━━━ Exercise material
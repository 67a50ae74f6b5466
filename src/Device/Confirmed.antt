-- ===== src/Device/Confirmed.antt =====
-- What a confirmation that oidc-gateway/src/device.rs answers as activated has done.
use jetauth.Prelude.{Text, str, ok, ℕ, Option, some, ◌≤◌, ◌≡◌, text_eq}
use jetauth.Kv.{Kv}
use jetauth.Json.{Json}
use jetauth.Jwt.{str_field}
use jetauth.Store.Types.{DeviceCode}
use jetauth.Store.Wire.{Wire}
use jetauth.Store.Cache.{kv_cache_get}
use jetauth.Store.Devices.Status.{IsUpdated}
use jetauth.Util.Query.{Form, form_value}
use jetauth.Device.Confirm.{approval_key, decision_or_deny}

module _ {Payload : Type 0} (kv : Kv Payload) (wire : Wire Payload) (now : ℕ → ℕ) where
  -- The device waited in time, and its entry is approved for the user now.
  abbrev pub Approves :
      (decision device_code user_id : Text) → (sid : Option Text) → DeviceCode → kv.State → Type 0
  Approves decision device_code user_id sid dc after =
      (decision ≡ str "approve")
      × (dc.status ≡ str "pending")
      × (now 1 ≤ dc.expires_at)
      × IsUpdated kv wire device_code (str "approved") (some user_id) sid dc after

  -- What a record of an approval has brought about.
  abbrev pub Records : (decision : Text) → Json → kv.State → Type 0
  Records decision entry after =
      (device_code : Text) × (user_id : Text) × (dc : DeviceCode) × (str_field entry
          (str "device_code")
        ≡ some device_code)
      × (str_field entry (str "user_id") ≡ some user_id)
      × Approves decision device_code user_id (str_field entry (str "sid")) dc after

  -- What a confirmation that is answered as activated has found and done.
  abbrev pub Confirms : Form → (before after : kv.State) → Type 0
  Confirms form before after =
      (token : Text) × (entry : Json) × (form_value form (str "approval_token") ≡ some token)
      × ((kv_cache_get kv wire (now 0) (approval_key token) before).0 ≡ ok (some entry))
      × Records (decision_or_deny (form_value form (str "decision"))) entry after
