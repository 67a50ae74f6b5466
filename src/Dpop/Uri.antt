-- ===== src/Dpop/Uri.antt =====
-- The comparison of addresses in oidc-gateway/src/dpop.rs.
use jetauth.Prelude.{
  Text, str, text_beq, starts_with, lower, ℕ, refl, Bool, true, false, Option, none, some, [], map,
  lower, ◌≡◌, ◌&&◌, ◌∷◌, ◌++◌, ◌==◌, if◌then◌else◌, text_eq, nat_eq,
}

unfoldable pub eq_ignore_ascii_case : Text → Text → Bool
unfolding lower
eq_ignore_ascii_case s t = map lower s == map lower t

-- `u.split(c).next()`: what stands before the first of these characters.
unfoldable pub before : ℕ → Text → Text
before c [] = []
before c (a ∷ s) = let rest = before c s in if a == c then [] else a ∷ rest

abbrev pub all_slashes : Text → Bool
all_slashes [] = true
all_slashes (c ∷ t) = c == b'/' && all_slashes t

-- `trim_end_matches('/')`
unfoldable pub trim_slashes : Text → Text
trim_slashes [] = []
trim_slashes (c ∷ t) = let rest = trim_slashes t in if all_slashes (c ∷ t) then [] else c ∷ rest

unfoldable pub clean_uri : Text → Text
unfolding before trim_slashes
clean_uri u = trim_slashes (before b'#' (before b'?' u))

abbrev with_front : ℕ → Option (Text × Text) → Option (Text × Text)
with_front a none = none
with_front a (some (s, t)) = some (a ∷ s, t)

-- The parts around the first "://".
unfoldable pub find_scheme : Text → Option (Text × Text)
unfolding starts_with
find_scheme [] = none
find_scheme (a ∷ []) = none
find_scheme (a ∷ b ∷ []) = none
find_scheme (a ∷ b ∷ c ∷ s) =
    let rest = find_scheme (b ∷ c ∷ s) in
    if starts_with (a ∷ b ∷ c ∷ []) (str "://") then some ([], s) else with_front a rest

-- The part up to the first slash, and the rest from it on.
unfoldable pub split_slash : Text → Text × Text
split_slash [] = ([], [])
split_slash (c ∷ t) =
    let (host, path) = split_slash t in if c == b'/' then ([], c ∷ t) else (c ∷ host, path)

abbrev authority_of : Text → Option (Text × Text) → Text × Text
authority_of uri none = ([], uri)
authority_of uri (some (scheme, rest)) =
    let (host, path) = split_slash rest in (scheme ++ (str "://" ++ host), path)

unfoldable pub split_authority_path : Text → Text × Text
unfolding find_scheme split_slash
split_authority_path uri = authority_of uri (find_scheme uri)

unfoldable pub uri_matches : (proof_uri expected_uri : Text) → Bool
unfolding clean_uri split_authority_path eq_ignore_ascii_case
uri_matches proof_uri expected_uri =
    let (p_authority, p_path) = split_authority_path (clean_uri proof_uri) in
    let (e_authority, e_path) = split_authority_path (clean_uri expected_uri) in
    eq_ignore_ascii_case p_authority e_authority && p_path == e_path

uri_tests :
    (uri_matches (str "HTTPS://ID.example/token?x=1#y") (str "https://id.example/token/") ≡ true)
    × (uri_matches (str "https://id.example/Token") (str "https://id.example/token") ≡ false)
    × (uri_matches (str "https://evil.example/token") (str "https://id.example/token") ≡ false)
unfolding uri_matches starts_with text_beq
uri_tests = (refl, refl, refl)
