-- ===== src/Dpop.antt =====
-- Proofs of possession (RFC 9449): oidc-gateway/src/dpop.rs.
pub mod Uri
pub mod Bound
use jetauth.Prelude.{
  Text, str, is_empty, ltb, Result, ok, err, ok_or, ℕ, Bool, true, not, Option, none, some, splitn2,
  or_empty, ◌+◌, ◌&&◌, ◌||◌, ◌∷◌, ◌++◌, ◌==◌, if◌then◌else◌, text_eq,
}
use jetauth.Kv.{Kv}
use jetauth.Action.{Action, pure, guard, lift, map_err, ◌>>=◌, ◌>>◌}
use jetauth.Json.{Json, get}
use jetauth.Store.Wire.{Wire}
use jetauth.Store.OneTime.{check_and_record_jti, ttl_jti}
use jetauth.Token.ClientCredentials.{is_some}
use jetauth.Jwt.{
  Crypto, three_parts, prefixed, str_field, alg_of, verify_jwt_with_jwk, compute_jwk_thumbprint,
}
use jetauth.ClientAuth.{u64_field}
use jetauth.Dpop.Uri.{eq_ignore_ascii_case, uri_matches}

unfoldable pub compute_ath : Crypto → (access_token : Text) → Text
compute_ath crypto access_token = crypto.base64url (crypto.sha256 access_token)

abbrev pub is_private : Json → Bool
is_private jwk =
    is_some (get jwk (str "d")) || is_some (get jwk (str "p")) || is_some (get jwk (str "q"))

abbrev not_expired : ℕ → Option ℕ → Bool
not_expired now none = true
not_expired now (some exp) = not (ltb exp now)

abbrev pub same_ath : (expected_ath : Text) → Option Text → Result (Unit {0})
same_ath expected_ath none = err (str "missing ath claim in DPoP proof")
same_ath expected_ath (some ath) =
    if ath == expected_ath
    then ok tt
    else err (str "DPoP ath hash does not match presented access token")

-- The hash of the access token, where one is presented.
abbrev pub check_ath : Crypto → Json → Option Text → Result (Unit {0})
check_ath crypto payload none = ok tt
check_ath crypto payload (some token) =
    same_ath (compute_ath crypto token) (str_field payload (str "ath"))

abbrev pub within_window : (now iat : ℕ) → Bool
within_window now iat = not (ltb (now + 300) iat) && not (ltb (iat + 300) now)

-- `now` is what the clock gives at the two places that read it.
module _ {Payload : Type 0} (kv : Kv Payload) (wire : Wire Payload) (crypto : Crypto)
    (now : ℕ → ℕ) where
  -- The header of the proof.
  unfoldable pub read_header : (dpop_proof : Text) → Result Json
  unfolding splitn2
  read_header dpop_proof = elim (three_parts dpop_proof) [
    | none ↦ err (str "invalid DPoP proof format")
    | some parts ↦ elim (prefixed (str "decode DPoP header: ") (crypto.base64url_decode parts.0)) [
      | err e ↦ err e
      | ok h_bytes ↦ prefixed (str "parse DPoP header: ") (crypto.from_slice h_bytes)
    ]
  ]

  -- The public key of the header.
  unfoldable pub embedded_key : (header : Json) → Action kv.State Json
  unfolding eq_ignore_ascii_case
  embedded_key header = do
    guard (eq_ignore_ascii_case (or_empty (str_field header (str "typ"))) (str "dpop+jwt")) (
        str "invalid DPoP typ: expected 'dpop+jwt', got '"
        ++ (or_empty (str_field header (str "typ")) ++ str "'"))
    guard (alg_of crypto header == str "RS256" || alg_of crypto header == str "ES256")
        (str "unsupported DPoP algorithm: " ++ alg_of crypto header)
    jwk ← lift (ok_or (get header (str "jwk")) (str "missing jwk in DPoP header"))
    guard (not (is_private jwk)) (str "DPoP jwk must not contain private key parameters")
    pure jwk

  abbrev htm_mismatch : Text → Text → Text
  htm_mismatch expected htm =
      str "DPoP htm mismatch: expected " ++ (expected ++ (str ", got " ++ htm))

  abbrev htu_mismatch : Text → Text → Text
  htu_mismatch expected htu =
      str "DPoP htu mismatch: expected " ++ (expected ++ (str ", got " ++ htu))

  -- The claims of the proof, and its identifier.
  unfoldable pub check_proof :
      (expected_method expected_uri : Text) (access_token : Option Text)
      → Json
      → Action kv.State Text
  unfolding eq_ignore_ascii_case uri_matches compute_ath
  check_proof expected_method expected_uri access_token payload = do
    htm ← lift (ok_or (str_field payload (str "htm")) (str "missing htm claim in DPoP proof"))
    guard (eq_ignore_ascii_case htm expected_method) (htm_mismatch expected_method htm)
    htu ← lift (ok_or (str_field payload (str "htu")) (str "missing htu claim in DPoP proof"))
    guard (uri_matches htu expected_uri) (htu_mismatch expected_uri htu)
    iat ← lift (ok_or (u64_field payload (str "iat")) (str "missing iat claim in DPoP proof"))
    guard (within_window (now 0) iat)
        (str "DPoP proof iat is outside the acceptable " ++ (0xc2 ∷ 0xb1 ∷ str "300s time window"))
    guard (not_expired (now 0) (u64_field payload (str "exp"))) (str "DPoP proof has expired")
    lift (check_ath crypto payload access_token)
    jti ← lift (ok_or (str_field payload (str "jti")) (str "missing jti claim in DPoP proof"))
    guard (not (is_empty jti)) (str "empty jti claim in DPoP proof")
    pure jti

  unfoldable pub validate_dpop_proof :
      (dpop_proof expected_method expected_uri : Text) (access_token : Option Text)
      → Action kv.State Text
  unfolding read_header embedded_key check_proof verify_jwt_with_jwk check_and_record_jti
      compute_jwk_thumbprint
  validate_dpop_proof dpop_proof expected_method expected_uri access_token = do
    header ← lift (read_header dpop_proof)
    jwk ← embedded_key header
    verified ← lift (
        prefixed (str "DPoP proof signature verification failed: ")
          (verify_jwt_with_jwk crypto dpop_proof jwk))
    jti ← check_proof expected_method expected_uri access_token verified.1
    map_err (λ e. str "DPoP jti replay: " ++ e) (check_and_record_jti kv wire (now 1) jti ttl_jti)
    lift (compute_jwk_thumbprint crypto jwk)
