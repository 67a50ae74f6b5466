-- ===== src/Token/Errors.antt =====
-- `map_token_error` of oidc-gateway/src/token.rs.
use jetauth.Token.Types.{Response, token_error}
use jetauth.Prelude.{
  Text, str, starts_with, contains_text, refl, Bool, false, List, [], ◌≡◌, ◌||◌, ◌∷◌, if◌then◌else◌,
}

-- Whether the text holds one of the others.
abbrev pub holds_one : Text → List Text → Bool
holds_one e [] = false
holds_one e (t ∷ ts) = contains_text e t || holds_one e ts

abbrev client_words : List Text
client_words =
    str "client_id"
    ∷ str "client_secret"
    ∷ str "client authentication"
    ∷ str "client_assertion"
    ∷ str "unregistered client"
    ∷ str "invalid client"
    ∷ []

abbrev grant_words : List Text
grant_words =
    str "code"
    ∷ str "expired"
    ∷ str "PKCE"
    ∷ str "redirect_uri"
    ∷ str "refresh token"
    ∷ str "user not found"
    ∷ str "mismatch"
    ∷ str "consumed"
    ∷ str "revoked"
    ∷ str "replay"
    ∷ []

unfoldable pub map_token_error : Text → Response
map_token_error e =
    if starts_with e (str "invalid_dpop_proof") || contains_text e (str "DPoP")
    then token_error 400 (str "invalid_dpop_proof") e
    else if holds_one e client_words
    then token_error 401 (str "invalid_client") (str "client authentication failed")
    else if holds_one e (str "grant_type" ∷ str "not authorized to use" ∷ [])
    then token_error 400 (str "unauthorized_client") e
    else if holds_one e grant_words
    then token_error 400 (str "invalid_grant") e
    else if holds_one e (str "rate" ∷ str "too many" ∷ [])
    then token_error 429 (str "invalid_request") e
    else token_error 400 (str "invalid_request") e

error_tests :
    (map_token_error (str "PKCE verification failed")
      ≡ token_error 400 (str "invalid_grant") (str "PKCE verification failed"))
    × (map_token_error (str "client_id mismatch")
        ≡ token_error 401 (str "invalid_client") (str "client authentication failed"))
unfolding map_token_error contains_text
error_tests = (refl, refl)
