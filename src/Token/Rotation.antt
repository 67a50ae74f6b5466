-- ===== src/Token/Rotation.antt =====
-- The refresh token grant: `handle_refresh` of oidc-gateway/src/token.rs. The metrics and the
-- notifications of other servers, which leave the store as it is, are left out.
pub mod Family
pub mod Success
pub mod Replay
pub mod Detection
use jetauth.Prelude.{
  Text, str, contains, ltb, Result, ok, err, ok_or, ℕ, min, Bool, true, false, Option, none, some,
  [], ◌+◌, ◌*◌, ◌%◌, ◌^◌, ◌∷◌, ◌++◌, ◌==◌, if◌then◌else◌, text_eq, nat_eq,
}
use jetauth.Kv.{Kv}
use jetauth.Action.{Action, pure, fail, guard, lift, reads, ignore, map_err, ◌>>=◌, ◌>>◌}
use jetauth.Util.Query.{form_value}
use jetauth.Store.Types.{User, RefreshEntry}
use jetauth.Store.Wire.{Wire}
use jetauth.Store.Refresh.{
  save_refresh_token, get_refresh_token_cas, consume_refresh_token, mark_refresh_consumed,
  get_consumed_refresh, delete_refresh_token, revoke_user_sessions, delete_user_refresh_tokens,
}
use jetauth.Token.Types.{Response, Host, Request, hex_sha256}
use jetauth.Token.Claims.{ClaimInput, build_claims}
use jetauth.Token.Issue.{memberships_of, require_user, sign_tokens, user_response}
use jetauth.Token.Code.{auth_time_or, not_authorized}

-- `refresh_absolute_max_secs`, given the number of the configuration if there is one.
unfoldable pub refresh_absolute_max_secs : Option ℕ → ℕ
refresh_absolute_max_secs none = 86400 * 90
refresh_absolute_max_secs (some n) = n

-- A token that was issued with a DPoP proof stays bound to that key.
unfoldable pub check_binding : Option Text → Option Text → Result (Unit {0})
check_binding none proof = ok tt
check_binding (some expected) (some jkt) =
    if jkt == expected
    then ok tt
    else err (str "DPoP proof key does not match refresh token binding")
check_binding (some expected) none =
    err (str "DPoP proof required for refresh token bound to a DPoP key")

-- When the family of the token was first issued.
unfoldable pub family_issued_at : ℕ → RefreshEntry → ℕ
family_issued_at now entry = if ltb 0 entry.issued_at then entry.issued_at else now

-- The end of the family's life, a sum of 64-bit numbers.
unfoldable pub family_end : ℕ → ℕ → RefreshEntry → ℕ
unfolding family_issued_at
family_end absolute_max now entry = (family_issued_at now entry + absolute_max) % 2 ^ 64

-- The entry of the token that follows.
unfoldable pub rotated : ℕ → Request → RefreshEntry → RefreshEntry
unfolding family_end auth_time_or
rotated absolute_max req entry = record {
  user_id = entry.user_id;
  client_id = req.client.client_id;
  expires_at = min ((req.now 0 + 86400 * 30) % 2 ^ 64) (family_end absolute_max (req.now 0) entry);
  scope = entry.scope;
  version = entry.version;
  auth_time = auth_time_or (req.now 1) entry.auth_time;
  amr = entry.amr;
  acr = entry.acr;
  requested_id_token_claims = entry.requested_id_token_claims;
  requested_userinfo_claims = entry.requested_userinfo_claims;
  issued_at = family_issued_at (req.now 0) entry;
  sid = entry.sid;
  dpop_jkt = entry.dpop_jkt;
}

-- The dash of the message is U+2014.
abbrev pub replay_detected : Text
replay_detected =
    str "refresh token replay detected " ++ (226 ∷ 128 ∷ 148 ∷ str " all sessions revoked")

module _ {Payload : Type 0} (kv : Kv Payload) (wire : Wire Payload) where
  -- `if test { delete; return Err(e) }`
  unfoldable pub expire_if : Bool → Text → Text → Action kv.State (Unit {0})
  expire_if true e hash = ignore (delete_refresh_token kv wire hash) >> fail e
  expire_if false e hash = pure tt

  -- An inactive user loses every refresh token.
  unfoldable pub require_active : Bool → Text → ℕ → Action kv.State (Unit {0})
  require_active true user_id now = pure tt
  require_active false user_id now =
      ignore (delete_user_refresh_tokens kv wire user_id now)
      >> fail (str "user account is not active")

  -- The branch of a token that is not there: the user of one that was consumed before loses every
  -- session.
  unfoldable pub reject_missing : Request → Result (Option Text) → Action kv.State Response
  reject_missing req (ok (some user_id)) = do
    ignore (revoke_user_sessions kv wire user_id (req.now 4))
    ignore (delete_user_refresh_tokens kv wire user_id (req.now 5))
    fail replay_detected
  reject_missing req (ok none) = fail (str "invalid refresh token")
  reject_missing req (err _) = fail (str "invalid refresh token")

  unfoldable pub refresh_claims : Request → RefreshEntry → User → kv.State → ClaimInput
  unfolding auth_time_or
  refresh_claims req entry user s = record {
    issuer = req.issuer;
    user = user;
    client_id = req.client.client_id;
    nonce = none;
    auth_time = auth_time_or (req.now 1) entry.auth_time;
    amr = entry.amr;
    acr = entry.acr;
    scope = entry.scope;
    requested_id_token_claims = entry.requested_id_token_claims;
    requested_userinfo_claims = entry.requested_userinfo_claims;
    extra_claims = [];
    dpop_jkt = req.dpop_jkt;
    sid = entry.sid;
    now = req.now 2;
    memberships = memberships_of kv wire user s;
  }

module _ {Payload : Type 0} (kv : Kv Payload) (wire : Wire Payload) (host : Host kv.State)
    (absolute_max : ℕ) where
  -- The handler behind the consumption of the token.
  unfoldable pub reissue : Request → Text → RefreshEntry → Action kv.State Response
  unfolding require_active refresh_claims rotated
  reissue req hash entry = do
    user ← require_user kv wire entry.user_id
    require_active kv wire (user.status == str "active") entry.user_id (req.now 3)
    claims ← reads (λ s. ok (build_claims (refresh_claims kv wire req entry user s)))
    signed ← sign_tokens host claims req.client
    save_refresh_token kv wire (hex_sha256 host req.random) (rotated absolute_max req entry)
    mark_refresh_consumed kv wire hash entry.user_id
    ignore (delete_refresh_token kv wire hash)
    pure (user_response req.dpop_jkt signed entry.scope (some req.random))

  -- The branch of a token that is there.
  unfoldable pub rotate : Request → Text → RefreshEntry → ℕ → Action kv.State Response
  unfolding reissue expire_if check_binding family_end
  rotate req hash entry revision = do
    guard (entry.client_id == req.client.client_id) (str "client_id mismatch")
    lift (check_binding entry.dpop_jkt req.dpop_jkt)
    expire_if kv wire (ltb entry.expires_at (req.now 0)) (str "refresh token expired") hash
    expire_if kv wire (ltb (family_end absolute_max (req.now 0) entry) (req.now 0))
        (str "refresh token family has exceeded maximum lifetime") hash
    map_err (λ _. str "refresh token already consumed")
        (consume_refresh_token kv wire hash revision entry.user_id)
    reissue req hash entry

  unfoldable pub rotate_or_reject :
      Request → Text → Option (RefreshEntry × ℕ) → Action kv.State Response
  unfolding rotate reject_missing
  rotate_or_reject req hash (some (entry, revision)) s = rotate req hash entry revision s
  rotate_or_reject req hash none s =
      reject_missing kv wire req (get_consumed_refresh kv wire hash s) s

  unfoldable pub handle_refresh : Request → Action kv.State Response
  unfolding rotate_or_reject
  handle_refresh req = do
    refresh_token ←
        lift (ok_or (form_value req.form (str "refresh_token")) (str "missing refresh_token"))
    guard (contains req.client.grant_types (str "refresh_token"))
        (not_authorized req.client (str "refresh_token"))
    read ← reads (get_refresh_token_cas kv wire (hex_sha256 host refresh_token))
    rotate_or_reject req (hex_sha256 host refresh_token) read
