-- ===== src/Token/Device.antt =====
-- The device grant: `handle_device_code` of oidc-gateway/src/token.rs.
pub mod Approved
use jetauth.Prelude.{
  Text, str, ltb, Result, ok, err, ok_or, ℕ, Bool, true, false, not, Option, none, some, [], ◌+◌,
  ◌*◌, ◌∷◌, ◌++◌, ◌==◌, text_eq,
}
use jetauth.Kv.{Kv}
use jetauth.Action.{Action, pure, lift, reads, ignore, outcome, if_then_return, ◌>>=◌, ◌>>◌}
use jetauth.Util.Query.{form_value}
use jetauth.Store.Types.{User, DeviceCode, RefreshEntry}
use jetauth.Store.Wire.{Wire}
use jetauth.Store.Devices.{get_device_code_cas, consume_device_code_cas, delete_device_code}
use jetauth.Store.Refresh.{save_refresh_token}
use jetauth.Abuse.{check_rate}
use jetauth.Token.Types.{Response, token_error, Host, Request, hex_sha256}
use jetauth.Token.Claims.{ClaimInput, build_claims}
use jetauth.Token.Issue.{
  has_offline_access, memberships_of, require_user, sign_tokens, user_response,
}

abbrev pub is_ok : {A : Type 0} → Result A → Bool
is_ok (ok a) = true
is_ok (err e) = false

abbrev pub refusal : Text → Text → Response
refusal error description = token_error 400 error description

module _ {Payload : Type 0} (kv : Kv Payload) (wire : Wire Payload) (host : Host kv.State) where
  unfoldable pub device_claims : Request → DeviceCode → User → kv.State → ClaimInput
  device_claims req dc user s = record {
    issuer = req.issuer;
    user = user;
    client_id = req.client.client_id;
    nonce = none;
    auth_time = req.now 2;
    amr = str "device" ∷ [];
    acr = none;
    scope = dc.scope;
    requested_id_token_claims = [];
    requested_userinfo_claims = [];
    extra_claims = [];
    dpop_jkt = req.dpop_jkt;
    sid = dc.sid;
    now = req.now 3;
    memberships = memberships_of kv wire user s;
  }

  unfoldable pub device_refresh : Request → DeviceCode → User → RefreshEntry
  device_refresh req dc user = record {
    user_id = user.id;
    client_id = req.client.client_id;
    expires_at = req.now 2 + 86400 * 30;
    scope = dc.scope;
    version = req.now 2;
    auth_time = req.now 2;
    amr = str "device" ∷ [];
    acr = none;
    requested_id_token_claims = [];
    requested_userinfo_claims = [];
    issued_at = req.now 2;
    sid = dc.sid;
    dpop_jkt = req.dpop_jkt;
  }

  unfoldable pub device_refresh_if :
      Bool → Request → DeviceCode → User → Action kv.State (Option Text)
  unfolding device_refresh
  device_refresh_if true req dc user =
      save_refresh_token kv wire (hex_sha256 host req.random) (device_refresh req dc user)
      >> pure (some req.random)
  device_refresh_if false req dc user = pure none

  -- The tokens for an active user.
  unfoldable pub issue_for_device : Request → DeviceCode → User → Action kv.State Response
  unfolding device_claims device_refresh_if
  issue_for_device req dc user = do
    claims ← reads (λ s. ok (build_claims (device_claims req dc user s)))
    signed ← sign_tokens host claims req.client
    refresh_token ← device_refresh_if (has_offline_access dc.scope) req dc user
    pure (user_response req.dpop_jkt signed dc.scope refresh_token)

  -- The arm of an approved code.
  unfoldable pub redeem_device : Request → Text → DeviceCode → ℕ → Action kv.State Response
  unfolding issue_for_device
  redeem_device req device_code dc revision = do
    consumed ← outcome (consume_device_code_cas kv wire device_code revision)
    if_then_return (not (is_ok consumed))
        (pure (refusal (str "invalid_grant") (str "device code already consumed")))
        (do
          user_id ← lift (ok_or dc.user_id (str "approved device code missing user_id"))
          user ← require_user kv wire user_id
          if_then_return (not (user.status == str "active"))
              (pure (refusal (str "access_denied") (str "account not active")))
              (issue_for_device req dc user))

  unfoldable pub by_status : Request → Text → DeviceCode → ℕ → Action kv.State Response
  unfolding redeem_device
  by_status req device_code dc revision =
      if_then_return (dc.status == str "pending")
        (pure (refusal (str "authorization_pending") (str "user has not yet approved the device")))
        (if_then_return (dc.status == str "denied")
          (ignore (delete_device_code kv wire device_code)
            >> pure (refusal (str "access_denied") (str "user denied the device request")))
          (if_then_return (not (dc.status == str "approved"))
            (pure (refusal (str "invalid_grant") (str "unknown device code status")))
            (redeem_device req device_code dc revision)))

  unfoldable pub poll : Request → Text → Option (DeviceCode × ℕ) → Action kv.State Response
  unfolding by_status
  poll req device_code none =
      pure (refusal (str "expired_token") (str "device code not found or expired"))
  poll req device_code (some (dc, revision)) =
      if_then_return (not (dc.client_id == req.client.client_id))
        (pure (refusal (str "invalid_grant") (str "client_id mismatch")))
        (if_then_return (ltb dc.expires_at (req.now 1))
          (ignore (delete_device_code kv wire device_code)
            >> pure (refusal (str "expired_token") (str "device code has expired")))
          (by_status req device_code dc revision))

  -- One poll in five seconds; no answer of the limiter is a refusal.
  unfoldable pub throttle : Result (Bool × ℕ) → Action kv.State Response → Action kv.State Response
  throttle (ok (true, _)) m = m
  throttle (ok (false, _)) m =
      pure (refusal (str "slow_down") (str "polling too fast, wait 5 seconds"))
  throttle (err _) m = pure (
      token_error 429 (str "invalid_request")
        (str "rate limiter unavailable; please try again later"))

  unfoldable pub handle_device_code : Request → Action kv.State Response
  unfolding poll throttle
  handle_device_code req = do
    device_code ← lift (ok_or (form_value req.form (str "device_code")) (str "missing device_code"))
    rate ← outcome (check_rate kv wire (req.now 0) (str "device_poll:" ++ device_code) 1 5)
    throttle rate
        (do read ← reads (get_device_code_cas kv wire device_code); poll req device_code read)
━━━━━━
#### Task details
Above are the entries. Copy exactly the part that opens with the line containing "-- The handler" and closes with the line containing "user ← require_user kv wire entry.user_id", and no more.

#### Problem solution
  -- The handler behind the consumption of the token.
  unfoldable pub reissue : Request → Text → RefreshEntry → Action kv.State Response
  unfolding require_active refresh_claims rotated
  reissue req hash entry = do
    user ← require_user kv wire entry.user_id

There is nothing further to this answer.